Print the lines that run from the line with "name_provisional = false;" to the line with "abbrev half_way : Job", keeping both end lines, exactly as they appear in the entries below, and nothing else.

──────── Data shown ────────

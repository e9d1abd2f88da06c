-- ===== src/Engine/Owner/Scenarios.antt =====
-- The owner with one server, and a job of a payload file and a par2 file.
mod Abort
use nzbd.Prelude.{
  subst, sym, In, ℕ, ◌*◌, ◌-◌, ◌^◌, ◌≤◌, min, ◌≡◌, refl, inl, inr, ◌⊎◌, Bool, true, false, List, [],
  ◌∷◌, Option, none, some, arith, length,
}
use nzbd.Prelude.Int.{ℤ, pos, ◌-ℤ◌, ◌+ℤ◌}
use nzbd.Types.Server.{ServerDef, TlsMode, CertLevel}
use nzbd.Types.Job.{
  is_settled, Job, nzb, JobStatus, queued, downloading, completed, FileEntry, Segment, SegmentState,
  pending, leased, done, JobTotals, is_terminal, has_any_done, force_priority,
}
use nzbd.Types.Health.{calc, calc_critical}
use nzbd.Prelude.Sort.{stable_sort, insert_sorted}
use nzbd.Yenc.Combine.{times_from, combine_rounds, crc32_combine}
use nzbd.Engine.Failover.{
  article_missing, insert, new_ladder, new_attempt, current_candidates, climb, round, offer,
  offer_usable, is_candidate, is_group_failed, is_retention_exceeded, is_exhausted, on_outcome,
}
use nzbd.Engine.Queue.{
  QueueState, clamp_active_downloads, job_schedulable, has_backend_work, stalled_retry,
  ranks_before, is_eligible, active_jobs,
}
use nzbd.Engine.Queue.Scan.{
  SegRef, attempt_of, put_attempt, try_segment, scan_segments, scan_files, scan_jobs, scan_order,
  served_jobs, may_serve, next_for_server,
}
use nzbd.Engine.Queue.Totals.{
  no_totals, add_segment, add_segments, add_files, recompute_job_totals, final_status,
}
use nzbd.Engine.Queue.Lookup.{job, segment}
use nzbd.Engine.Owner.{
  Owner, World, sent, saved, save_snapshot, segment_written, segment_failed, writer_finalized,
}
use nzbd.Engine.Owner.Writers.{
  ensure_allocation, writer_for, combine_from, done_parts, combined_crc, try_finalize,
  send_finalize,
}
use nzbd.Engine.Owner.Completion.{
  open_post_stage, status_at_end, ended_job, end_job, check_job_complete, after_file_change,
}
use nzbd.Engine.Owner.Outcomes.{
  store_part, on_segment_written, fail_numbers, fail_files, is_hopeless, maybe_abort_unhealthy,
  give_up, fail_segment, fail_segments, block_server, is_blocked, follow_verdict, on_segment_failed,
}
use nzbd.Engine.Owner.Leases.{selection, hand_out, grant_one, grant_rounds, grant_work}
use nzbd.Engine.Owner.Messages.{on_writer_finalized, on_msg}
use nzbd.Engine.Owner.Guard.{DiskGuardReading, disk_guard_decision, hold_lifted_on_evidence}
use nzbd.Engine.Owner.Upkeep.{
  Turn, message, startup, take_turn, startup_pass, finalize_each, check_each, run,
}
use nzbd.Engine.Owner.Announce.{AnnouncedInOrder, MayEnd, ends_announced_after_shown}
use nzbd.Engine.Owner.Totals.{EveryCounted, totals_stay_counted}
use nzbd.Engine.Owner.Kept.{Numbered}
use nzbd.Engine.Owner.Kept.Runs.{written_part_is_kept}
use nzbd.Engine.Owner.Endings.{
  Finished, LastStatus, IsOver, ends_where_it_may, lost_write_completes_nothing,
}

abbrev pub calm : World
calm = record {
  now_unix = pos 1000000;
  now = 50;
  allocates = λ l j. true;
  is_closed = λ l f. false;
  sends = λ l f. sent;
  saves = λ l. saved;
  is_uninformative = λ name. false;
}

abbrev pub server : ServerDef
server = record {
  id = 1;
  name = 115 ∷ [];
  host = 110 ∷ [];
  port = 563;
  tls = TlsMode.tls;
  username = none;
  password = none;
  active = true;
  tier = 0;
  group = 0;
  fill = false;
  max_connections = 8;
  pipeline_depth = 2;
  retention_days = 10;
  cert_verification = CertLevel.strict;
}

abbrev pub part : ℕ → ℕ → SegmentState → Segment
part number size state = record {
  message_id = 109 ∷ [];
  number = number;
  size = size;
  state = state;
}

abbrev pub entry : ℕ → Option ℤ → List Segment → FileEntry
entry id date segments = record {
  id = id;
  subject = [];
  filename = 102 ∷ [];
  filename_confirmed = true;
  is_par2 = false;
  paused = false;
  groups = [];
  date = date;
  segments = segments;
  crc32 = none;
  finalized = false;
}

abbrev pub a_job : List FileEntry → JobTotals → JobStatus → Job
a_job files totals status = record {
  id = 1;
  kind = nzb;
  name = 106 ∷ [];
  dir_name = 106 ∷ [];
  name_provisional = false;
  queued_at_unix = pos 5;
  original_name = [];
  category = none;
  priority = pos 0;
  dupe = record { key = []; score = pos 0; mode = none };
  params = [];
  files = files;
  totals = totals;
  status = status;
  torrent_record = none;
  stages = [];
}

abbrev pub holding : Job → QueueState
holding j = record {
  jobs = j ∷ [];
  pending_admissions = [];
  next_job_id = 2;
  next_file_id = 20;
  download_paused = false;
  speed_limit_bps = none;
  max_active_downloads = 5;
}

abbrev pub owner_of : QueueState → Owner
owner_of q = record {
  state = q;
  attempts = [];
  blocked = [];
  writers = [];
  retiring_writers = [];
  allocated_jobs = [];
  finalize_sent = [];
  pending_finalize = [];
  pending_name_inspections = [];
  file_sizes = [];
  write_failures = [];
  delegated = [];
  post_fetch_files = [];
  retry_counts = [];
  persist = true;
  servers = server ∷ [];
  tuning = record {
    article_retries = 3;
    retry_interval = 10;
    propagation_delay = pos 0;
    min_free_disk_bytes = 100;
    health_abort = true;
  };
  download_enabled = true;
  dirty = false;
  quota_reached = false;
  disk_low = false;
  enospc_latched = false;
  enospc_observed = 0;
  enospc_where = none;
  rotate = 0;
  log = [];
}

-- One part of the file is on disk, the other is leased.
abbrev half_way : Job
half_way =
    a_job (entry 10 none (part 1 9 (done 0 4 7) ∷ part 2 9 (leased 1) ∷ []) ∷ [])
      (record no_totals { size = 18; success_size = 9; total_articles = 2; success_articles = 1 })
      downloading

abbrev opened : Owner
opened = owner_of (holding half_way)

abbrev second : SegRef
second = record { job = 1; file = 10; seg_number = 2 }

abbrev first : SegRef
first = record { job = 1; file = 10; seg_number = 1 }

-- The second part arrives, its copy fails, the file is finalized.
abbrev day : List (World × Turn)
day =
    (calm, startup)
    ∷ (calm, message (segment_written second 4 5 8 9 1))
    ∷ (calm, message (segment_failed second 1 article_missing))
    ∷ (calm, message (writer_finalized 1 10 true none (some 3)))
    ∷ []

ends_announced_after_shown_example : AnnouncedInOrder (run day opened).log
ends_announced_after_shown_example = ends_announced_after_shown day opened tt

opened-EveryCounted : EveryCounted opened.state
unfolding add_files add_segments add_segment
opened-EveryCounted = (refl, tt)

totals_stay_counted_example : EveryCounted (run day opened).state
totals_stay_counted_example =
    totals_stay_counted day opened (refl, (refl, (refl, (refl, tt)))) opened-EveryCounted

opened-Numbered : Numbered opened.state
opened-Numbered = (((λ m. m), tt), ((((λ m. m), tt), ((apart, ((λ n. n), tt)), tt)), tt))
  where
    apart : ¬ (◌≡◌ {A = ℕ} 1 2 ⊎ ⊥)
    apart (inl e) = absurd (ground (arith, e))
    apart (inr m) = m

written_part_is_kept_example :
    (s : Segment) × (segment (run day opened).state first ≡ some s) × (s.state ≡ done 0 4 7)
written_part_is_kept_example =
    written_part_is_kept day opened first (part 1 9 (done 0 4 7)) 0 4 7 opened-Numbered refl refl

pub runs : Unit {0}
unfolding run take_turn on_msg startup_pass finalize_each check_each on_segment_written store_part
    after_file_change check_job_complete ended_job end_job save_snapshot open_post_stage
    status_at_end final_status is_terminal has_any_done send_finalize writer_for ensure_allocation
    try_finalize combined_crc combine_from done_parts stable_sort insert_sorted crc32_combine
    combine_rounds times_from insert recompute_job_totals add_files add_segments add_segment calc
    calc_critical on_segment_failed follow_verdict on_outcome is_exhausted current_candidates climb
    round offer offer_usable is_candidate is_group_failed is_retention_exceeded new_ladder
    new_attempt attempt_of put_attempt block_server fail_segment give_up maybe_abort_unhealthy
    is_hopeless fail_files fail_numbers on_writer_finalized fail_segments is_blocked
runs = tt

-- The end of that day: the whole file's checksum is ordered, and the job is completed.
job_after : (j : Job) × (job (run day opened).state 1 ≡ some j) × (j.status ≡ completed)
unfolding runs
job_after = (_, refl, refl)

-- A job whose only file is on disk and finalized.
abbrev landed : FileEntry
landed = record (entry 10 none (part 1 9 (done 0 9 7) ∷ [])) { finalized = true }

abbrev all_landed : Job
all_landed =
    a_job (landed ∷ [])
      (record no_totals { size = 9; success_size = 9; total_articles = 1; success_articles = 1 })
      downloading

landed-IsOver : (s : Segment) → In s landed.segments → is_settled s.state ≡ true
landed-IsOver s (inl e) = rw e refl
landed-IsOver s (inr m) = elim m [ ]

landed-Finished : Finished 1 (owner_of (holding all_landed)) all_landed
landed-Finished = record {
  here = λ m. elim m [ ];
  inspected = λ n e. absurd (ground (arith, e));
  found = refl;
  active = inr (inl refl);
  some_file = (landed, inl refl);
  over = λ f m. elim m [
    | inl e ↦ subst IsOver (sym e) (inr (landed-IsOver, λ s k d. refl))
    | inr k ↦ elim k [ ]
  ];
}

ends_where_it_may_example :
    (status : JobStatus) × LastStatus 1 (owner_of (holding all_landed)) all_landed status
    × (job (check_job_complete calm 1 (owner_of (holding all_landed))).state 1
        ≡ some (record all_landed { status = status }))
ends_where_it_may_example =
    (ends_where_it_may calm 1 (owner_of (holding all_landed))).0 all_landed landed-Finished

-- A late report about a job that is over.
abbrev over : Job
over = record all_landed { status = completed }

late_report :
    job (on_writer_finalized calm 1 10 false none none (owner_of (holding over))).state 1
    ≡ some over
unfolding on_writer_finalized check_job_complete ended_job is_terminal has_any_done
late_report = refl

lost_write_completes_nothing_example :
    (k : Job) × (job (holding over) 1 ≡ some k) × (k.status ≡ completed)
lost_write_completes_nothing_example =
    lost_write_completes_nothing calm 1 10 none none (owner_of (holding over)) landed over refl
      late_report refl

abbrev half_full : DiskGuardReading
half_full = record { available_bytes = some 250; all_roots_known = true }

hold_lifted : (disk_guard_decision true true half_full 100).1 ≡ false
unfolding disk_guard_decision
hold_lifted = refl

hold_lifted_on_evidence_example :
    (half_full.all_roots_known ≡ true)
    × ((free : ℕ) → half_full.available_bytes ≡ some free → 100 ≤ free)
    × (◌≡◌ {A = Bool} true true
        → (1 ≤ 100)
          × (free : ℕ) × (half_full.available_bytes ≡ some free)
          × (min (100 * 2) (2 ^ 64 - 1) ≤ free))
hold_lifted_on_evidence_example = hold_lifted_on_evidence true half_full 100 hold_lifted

────────

Output for this task
  name_provisional = false;
  queued_at_unix = pos 5;
  original_name = [];
  category = none;
  priority = pos 0;
  dupe = record { key = []; score = pos 0; mode = none };
  params = [];
  files = files;
  totals = totals;
  status = status;
  torrent_record = none;
  stages = [];
}

abbrev pub holding : Job → QueueState
holding j = record {
  jobs = j ∷ [];
  pending_admissions = [];
  next_job_id = 2;
  next_file_id = 20;
  download_paused = false;
  speed_limit_bps = none;
  max_active_downloads = 5;
}

abbrev pub owner_of : QueueState → Owner
owner_of q = record {
  state = q;
  attempts = [];
  blocked = [];
  writers = [];
  retiring_writers = [];
  allocated_jobs = [];
  finalize_sent = [];
  pending_finalize = [];
  pending_name_inspections = [];
  file_sizes = [];
  write_failures = [];
  delegated = [];
  post_fetch_files = [];
  retry_counts = [];
  persist = true;
  servers = server ∷ [];
  tuning = record {
    article_retries = 3;
    retry_interval = 10;
    propagation_delay = pos 0;
    min_free_disk_bytes = 100;
    health_abort = true;
  };
  download_enabled = true;
  dirty = false;
  quota_reached = false;
  disk_low = false;
  enospc_latched = false;
  enospc_observed = 0;
  enospc_where = none;
  rotate = 0;
  log = [];
}

-- One part of the file is on disk, the other is leased.
abbrev half_way : Job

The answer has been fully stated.